Please return all lines of the data below containing the string "then".

[Opening EXTRACTED INFORMATION section]

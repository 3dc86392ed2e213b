-- ===== src/Hardening/Scores.antt =====
-- Scores stay in the range of the configuration.
use kovanica_node.Common.{
  ℕ, ◌≡◌, refl, sym, subst, Bool, true, false, Option, none, some, List, [], ◌∷◌, inl, inr,
  Option-cases, Bool-cases, arith,
}
use kovanica_node.Common.Int.{ℤ, ◌+ℤ◌, ◌≤ℤ◌, wrap_i32, clamp_ℤ_bounds}
use kovanica_node.Common.Map
use kovanica_node.Common.Map.{Map, get-insert}
use kovanica_node.Tx.{TxId}
use kovanica_node.Dag.{BlockId}
use kovanica_node.Hardening.{
  Peer, peer_key, P2pHardeningConfig, ScoreState, new_score, apply, is_new_block, is_new_tx,
}
use kovanica_node.Hardening.Peers.{
  P2pHardening, new, map_values, lift_expired, tick_scores, tick, or_insert, ensure_peer, score_of,
  set_score, check_rate_limit, on_block, on_tx, rate_invalid_block, rate_block, rate_invalid_tx,
  rate_tx, ban_for, unban, duplicates_of,
}

pub record IsSound (config : P2pHardeningConfig) : Type 0 where
  pub above : config.min_score ≤ℤ config.initial_score
  pub below : config.initial_score ≤ℤ config.max_score

module _ (config : P2pHardeningConfig) (sound : IsSound config) where
  abbrev pub InRange : ℤ → Type 0
  InRange score = (config.min_score ≤ℤ score) × (score ≤ℤ config.max_score)

  pub record IsScored (h : P2pHardening) : Type 0 where
    pub same : h.config ≡ config
    pub ranged : (peer : Peer) (s : ScoreState) → Map.get peer h.scores ≡ some s → InRange s.score

  initial-InRange : InRange config.initial_score
  initial-InRange = (sound.above, sound.below)

  insert-ranged :
      (peer : Peer) (fresh : ScoreState) (scores : Map Peer ScoreState)
      → InRange fresh.score
      → ((j : Peer) (s : ScoreState) → Map.get j scores ≡ some s → InRange s.score)
      → (j : Peer) (s : ScoreState) → Map.get j (Map.insert peer fresh scores) ≡ some s
      → InRange s.score
  insert-ranged peer fresh scores r all j s h = elim (Bool-cases (peer_key.beq peer j)) [
    | inl same ↦
        let e : fresh ≡ s = ground (arith, same, h, get-insert j peer fresh scores) in
        subst (λ (t : ScoreState). InRange t.score) e r
    | inr other ↦ all j s (ground (arith, other, h, get-insert j peer fresh scores))
  ]

  set_score-IsScored :
      (peer : Peer) (s : ScoreState) (h : P2pHardening)
      → InRange s.score
      → IsScored h
      → IsScored (set_score peer s h)
  unfolding set_score
  set_score-IsScored peer s h r k = record {
    same = k.same;
    ranged = insert-ranged peer s h.scores r k.ranged;
  }

  score_of-InRange : (peer : Peer) (h : P2pHardening) → IsScored h → InRange (score_of peer h).score
  unfolding score_of new_score
  score_of-InRange peer h k = elim (Option-cases (Map.get peer h.scores)) [
    | inl e ↦ rw (e, score_of) (rw k.same initial-InRange)
    | inr (s, e) ↦ rw (e, score_of) (k.ranged peer s e)
  ]

  ensure_peer-IsScored :
      (peer : Peer) (h : P2pHardening) → IsScored h → IsScored (ensure_peer peer h)
  unfolding ensure_peer or_insert new_score
  ensure_peer-IsScored peer h k = elim (Option-cases (Map.get peer h.scores)) [
    | inl e ↦ record {
      same = k.same;
      ranged =
          rw (e, or_insert)
            (insert-ranged peer (new_score h.config.initial_score) h.scores
              (rw k.same initial-InRange) k.ranged);
    }
    | inr (s, e) ↦ record { same = k.same; ranged = rw (e, or_insert) k.ranged }
  ]

  apply-InRange : (delta : ℤ) (s : ScoreState) → InRange (apply delta config s).score
  unfolding apply
  apply-InRange delta s =
      clamp_ℤ_bounds (wrap_i32 (s.score +ℤ delta)) config.min_score config.max_score
        (omega (arith, sound.above, sound.below))

  rate_block-InRange : (is_new : Bool) (s : ScoreState) → InRange (rate_block config is_new s).score
  unfolding rate_block
  rate_block-InRange true s = apply-InRange config.score_valid_block _
  rate_block-InRange false s = apply-InRange config.score_duplicate_block _

  rate_tx-InRange : (is_new : Bool) (s : ScoreState) → InRange (rate_tx config is_new s).score
  unfolding rate_tx
  rate_tx-InRange true s = apply-InRange config.score_valid_tx _
  rate_tx-InRange false s = apply-InRange config.score_duplicate_tx _

  -- Every peer's new score is computed under the one configuration.
  rated :
      (c : P2pHardeningConfig) (f : P2pHardeningConfig → ScoreState)
      → c ≡ config
      → InRange (f config).score
      → InRange (f c).score
  rated c f e r = subst (λ (d : P2pHardeningConfig). InRange (f d).score) (sym e) r

  on_block-IsScored :
      (peer : Peer) (id : BlockId) (valid : Bool) (h : P2pHardening)
      → IsScored h
      → IsScored (on_block peer id valid h).0
  unfolding on_block
  on_block-IsScored peer id false h k =
      let g = ensure_peer peer h in
      let kg = ensure_peer-IsScored peer h k in
      set_score-IsScored peer (rate_invalid_block g.config (score_of peer g)) g
        (rated g.config (λ c. rate_invalid_block c (score_of peer g)) kg.same
          (unfold rate_invalid_block in apply-InRange config.score_invalid_block _))
        kg
  on_block-IsScored peer id true h k =
      let g = ensure_peer peer h in
      let kg = ensure_peer-IsScored peer h k in
      let (known, is_new) = is_new_block id g.tick (duplicates_of peer g) in
      set_score-IsScored peer (rate_block g.config is_new (score_of peer g))
        (record g { duplicates = Map.insert peer known g.duplicates })
        (rated g.config (λ c. rate_block c is_new (score_of peer g)) kg.same
          (rate_block-InRange is_new (score_of peer g)))
        (record { same = kg.same; ranged = kg.ranged })

  on_tx-IsScored :
      (peer : Peer) (id : TxId) (valid : Bool) (h : P2pHardening)
      → IsScored h
      → IsScored (on_tx peer id valid h).0
  unfolding on_tx
  on_tx-IsScored peer id false h k =
      let g = ensure_peer peer h in
      let kg = ensure_peer-IsScored peer h k in
      set_score-IsScored peer (rate_invalid_tx g.config (score_of peer g)) g
        (rated g.config (λ c. rate_invalid_tx c (score_of peer g)) kg.same
          (unfold rate_invalid_tx in apply-InRange config.score_invalid_tx _))
        kg
  on_tx-IsScored peer id true h k =
      let g = ensure_peer peer h in
      let kg = ensure_peer-IsScored peer h k in
      let (known, is_new) = is_new_tx id g.tick (duplicates_of peer g) in
      set_score-IsScored peer (rate_tx g.config is_new (score_of peer g))
        (record g { duplicates = Map.insert peer known g.duplicates })
        (rated g.config (λ c. rate_tx c is_new (score_of peer g)) kg.same
          (rate_tx-InRange is_new (score_of peer g)))
        (record { same = kg.same; ranged = kg.ranged })

  ban_for-IsScored :
      (peer : Peer) (n : ℕ) (h : P2pHardening) → IsScored h → IsScored (ban_for peer n h)
  unfolding ban_for
  ban_for-IsScored peer n h k =
      let kg = ensure_peer-IsScored peer h k in
      set_score-IsScored peer _ (ensure_peer peer h) (score_of-InRange peer (ensure_peer peer h) kg)
        kg

  unban-IsScored : (peer : Peer) (h : P2pHardening) → IsScored h → IsScored (unban peer h)
  unfolding unban
  unban-IsScored peer h k = set_score-IsScored peer _ h (rw k.same initial-InRange) k

  check_rate_limit-IsScored :
      (peer : Peer) (bytes : ℕ) (h : P2pHardening)
      → IsScored h
      → IsScored (check_rate_limit peer bytes h).0
  unfolding check_rate_limit
  check_rate_limit-IsScored peer bytes h k =
      let kg = ensure_peer-IsScored peer h k in record { same = kg.same; ranged = kg.ranged }

  get-map_values_inv :
      (f : ScoreState → ScoreState) (peer : Peer) (s : ScoreState) (scores : Map Peer ScoreState)
      → Map.get peer (map_values f scores) ≡ some s
      → (t : ScoreState) × (Map.get peer scores ≡ some t) × (f t ≡ s)
  unfolding map_values Map.get
  get-map_values_inv f peer s [] h = cc
  get-map_values_inv f peer s ((j, t) ∷ scores) h = elim (Bool-cases (peer_key.beq j peer)) [
    | inl same ↦ (t, ground (arith, same), ground (arith, same, h))
    | inr other ↦
        let (u, here, e) = get-map_values_inv f peer s scores (ground (arith, other, h)) in
        (u, ground (arith, other, here), e)
  ]

  lifted-score : (now : ℕ) (s : ScoreState) → (lift_expired now s).score ≡ s.score
  unfolding lift_expired
  lifted-score now s = ground arith

  tick_scores-ranged :
      (path : Option (List ℕ)) (now : ℕ) (scores : Map Peer ScoreState)
      → ((j : Peer) (s : ScoreState) → Map.get j scores ≡ some s → InRange s.score)
      → (j : Peer) (s : ScoreState) → Map.get j (tick_scores path now scores) ≡ some s
      → InRange s.score
  unfolding tick_scores
  tick_scores-ranged none now scores all j s h = all j s h
  tick_scores-ranged (some p) now scores all j s h =
      let (t, here, e) = get-map_values_inv (lift_expired now) j s scores h in
      rw (← e) (rw (lifted-score now t) (all j t here))

  tick-IsScored : (h : P2pHardening) → IsScored h → IsScored (tick h)
  unfolding tick
  tick-IsScored h k = record {
    same = k.same;
    ranged = tick_scores-ranged h.bans_path _ h.scores k.ranged;
  }

  -- The states that calls lead to from the first one, under the one configuration.
  pub data Reachable : P2pHardening → Type 0 where
    start : Reachable (new config)
    sets_path :
        {h : P2pHardening} (path : List ℕ)
        → Reachable h
        → Reachable (record h { bans_path = some path })
    ticks : {h : P2pHardening} → Reachable h → Reachable (tick h)
    limits :
        {h : P2pHardening} (peer : Peer) (bytes : ℕ)
        → Reachable h
        → Reachable ((check_rate_limit peer bytes h).0)
    blocks :
        {h : P2pHardening} (peer : Peer) (id : BlockId) (valid : Bool)
        → Reachable h
        → Reachable ((on_block peer id valid h).0)
    txs :
        {h : P2pHardening} (peer : Peer) (id : TxId) (valid : Bool)
        → Reachable h
        → Reachable ((on_tx peer id valid h).0)
    bans :
        {h : P2pHardening} (peer : Peer) (expiry_ticks : ℕ)
        → Reachable h
        → Reachable (ban_for peer expiry_ticks h)
    unbans : {h : P2pHardening} (peer : Peer) → Reachable h → Reachable (unban peer h)

  new-IsScored : IsScored (new config)
  unfolding new Map.get
  new-IsScored = record { same = refl; ranged = λ j s h. cc }

  -- In every state that calls lead to, each peer's score lies between the lowest and the highest of
  -- the configuration, if the initial score does, whatever was received, and also where a sum wraps.
  pub Reachable-IsScored : (h : P2pHardening) → Reachable h → IsScored h
  Reachable-IsScored _ start = new-IsScored
  Reachable-IsScored _ (sets_path {h} path r) =
      let k = Reachable-IsScored h r in record { same = k.same; ranged = k.ranged }
  Reachable-IsScored _ (ticks {h} r) = tick-IsScored h (Reachable-IsScored h r)
  Reachable-IsScored _ (limits {h} peer bytes r) =
      check_rate_limit-IsScored peer bytes h (Reachable-IsScored h r)
  Reachable-IsScored _ (blocks {h} peer id valid r) =
      on_block-IsScored peer id valid h (Reachable-IsScored h r)
  Reachable-IsScored _ (txs {h} peer id valid r) =
      on_tx-IsScored peer id valid h (Reachable-IsScored h r)
  Reachable-IsScored _ (bans {h} peer n r) = ban_for-IsScored peer n h (Reachable-IsScored h r)
  Reachable-IsScored _ (unbans {h} peer r) = unban-IsScored peer h (Reachable-IsScored h r)
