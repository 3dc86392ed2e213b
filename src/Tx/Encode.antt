-- ===== src/Tx/Encode.antt =====
-- `Transaction::encode_into` and `encode_block_payload`: what they append to the buffer.
use kovanica_node.Common.{
  ℕ, Bool, true, Option, none, some, List, [], ◌∷◌, ◌++◌, if◌then◌else◌, length, flat_map,
  to_le_bytes,
}
use kovanica_node.Tx.{TxInput, AssetId, StealthExt, TxOutput, Transaction}

unfoldable pub encode_witness_item : List ℕ → List ℕ
encode_witness_item item = to_le_bytes 8 (length item) ++ item

unfoldable pub encode_witness : List (List ℕ) → List ℕ
encode_witness witness = to_le_bytes 8 (length witness) ++ flat_map encode_witness_item witness

unfoldable pub encode_input : Bool → TxInput → List ℕ
encode_input with_signatures input =
    input.outpoint.tx.bytes
    ++ (to_le_bytes 4 input.outpoint.index
        ++ (if with_signatures then encode_witness input.witness else []))

unfoldable pub encode_asset_id : Option AssetId → List ℕ
encode_asset_id none = 0 ∷ []
encode_asset_id (some a) = 1 ∷ a.bytes

unfoldable pub encode_stealth : Option StealthExt → List ℕ
encode_stealth none = 0 ∷ []
encode_stealth (some s) = 1 ∷ (s.r ++ s.view_tag ∷ s.p)

unfoldable pub encode_output : TxOutput → List ℕ
encode_output output =
    to_le_bytes 8 output.value
    ++ (encode_asset_id output.asset_id ++ (encode_stealth output.stealth ++ output.owner.bytes))

unfoldable pub encode_into : Bool → Transaction → List ℕ
encode_into with_signatures tx =
    to_le_bytes 8 (length tx.inputs)
    ++ (flat_map (encode_input with_signatures) tx.inputs
        ++ (to_le_bytes 8 (length tx.outputs)
            ++ (flat_map encode_output tx.outputs
                ++ (to_le_bytes 4 tx.n_lock_time
                    ++ (to_le_bytes 4 tx.sequence ++ (to_le_bytes 8 (length tx.tag) ++ tx.tag))))))

unfoldable pub encode : Transaction → List ℕ
encode tx = encode_into true tx

unfoldable pub encode_block_payload : List Transaction → List ℕ
encode_block_payload txs = to_le_bytes 8 (length txs) ++ flat_map (encode_into true) txs
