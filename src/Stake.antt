-- ===== src/Stake.antt =====
-- crates/kovanica-state/src/stake.rs: the stake that bonds lock, and the eligibility that it gives.
pub mod Tags
pub mod State
pub mod Backing
pub mod Eligibility
use kovanica_node.Common.{
  ℕ, ◌+◌, ◌-◌, ◌*◌, ◌/◌, ◌%◌, ◌^◌, Bool, true, false, Option, none, some, List, [], ◌∷◌, ◌++◌, ◌&&◌,
  ◌||◌, not, ltb, ◌==◌, if◌then◌else◌, length, take, drop, bytes_eq, ◌≡◌, ◌↔◌, arith, bytes_eq_iff,
}
use kovanica_node.Common.Map
use kovanica_node.Common.Map.{Map, Eq}
use kovanica_node.Tx.{OutPoint, AssetId}

abbrev pub unbond_maturity : ℕ
unbond_maturity = 100

-- `b"KVB1"` and `b"KVU1"`
abbrev pub bond_prefix : List ℕ
bond_prefix = 75 ∷ 86 ∷ 66 ∷ 49 ∷ []

abbrev pub unbond_prefix : List ℕ
unbond_prefix = 75 ∷ 86 ∷ 85 ∷ 49 ∷ []

pub data StakeError : Type 0 where
  bond_shape : StakeError
  frozen_input unbond_not_frozen : OutPoint → StakeError
  unbond_immature : OutPoint → ℕ → ℕ → StakeError

pub record Freeze : Type 0 where
  pub asset_id : AssetId
  pub vrf_pk : List ℕ
  pub bond_height : ℕ
  pub value : ℕ

-- The pair `(AssetId, [u8; 32])` that `locked` is keyed by.
pub record StakeKey : Type 0 where
  pub asset_id : AssetId
  pub vrf_pk : List ℕ

pub record StakeState : Type 0 where
  pub frozen : Map OutPoint Freeze
  pub locked : Map StakeKey ℕ

unfoldable pub key_eq : StakeKey → StakeKey → Bool
key_eq a b = bytes_eq a.asset_id.bytes b.asset_id.bytes && bytes_eq a.vrf_pk b.vrf_pk

pub key_eq_iff : (a b : StakeKey) → (key_eq a b ≡ true) ↔ (a ≡ b)
unfolding key_eq
key_eq_iff a b = (
  λ h.
      ground
        (arith, bytes_eq_iff a.asset_id.bytes b.asset_id.bytes, bytes_eq_iff a.vrf_pk b.vrf_pk),
  λ h.
      ground
        (arith, bytes_eq_iff a.asset_id.bytes b.asset_id.bytes, bytes_eq_iff a.vrf_pk b.vrf_pk),
)

instance abbrev pub stake_key : Eq StakeKey
stake_key = record { beq = key_eq; beq_iff = key_eq_iff }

[Closing EXTRACTED INFORMATION section]

→ **WRITTEN SOLUTION**:
  ℕ, Bool, true, Option, none, some, List, [], ◌∷◌, ◌++◌, if◌then◌else◌, length, flat_map,
        ++ (if with_signatures then encode_witness input.witness else []))
  ◌||◌, not, ltb, ◌==◌, if◌then◌else◌, length, take, drop, bytes_eq, ◌≡◌, ◌↔◌, arith, bytes_eq_iff,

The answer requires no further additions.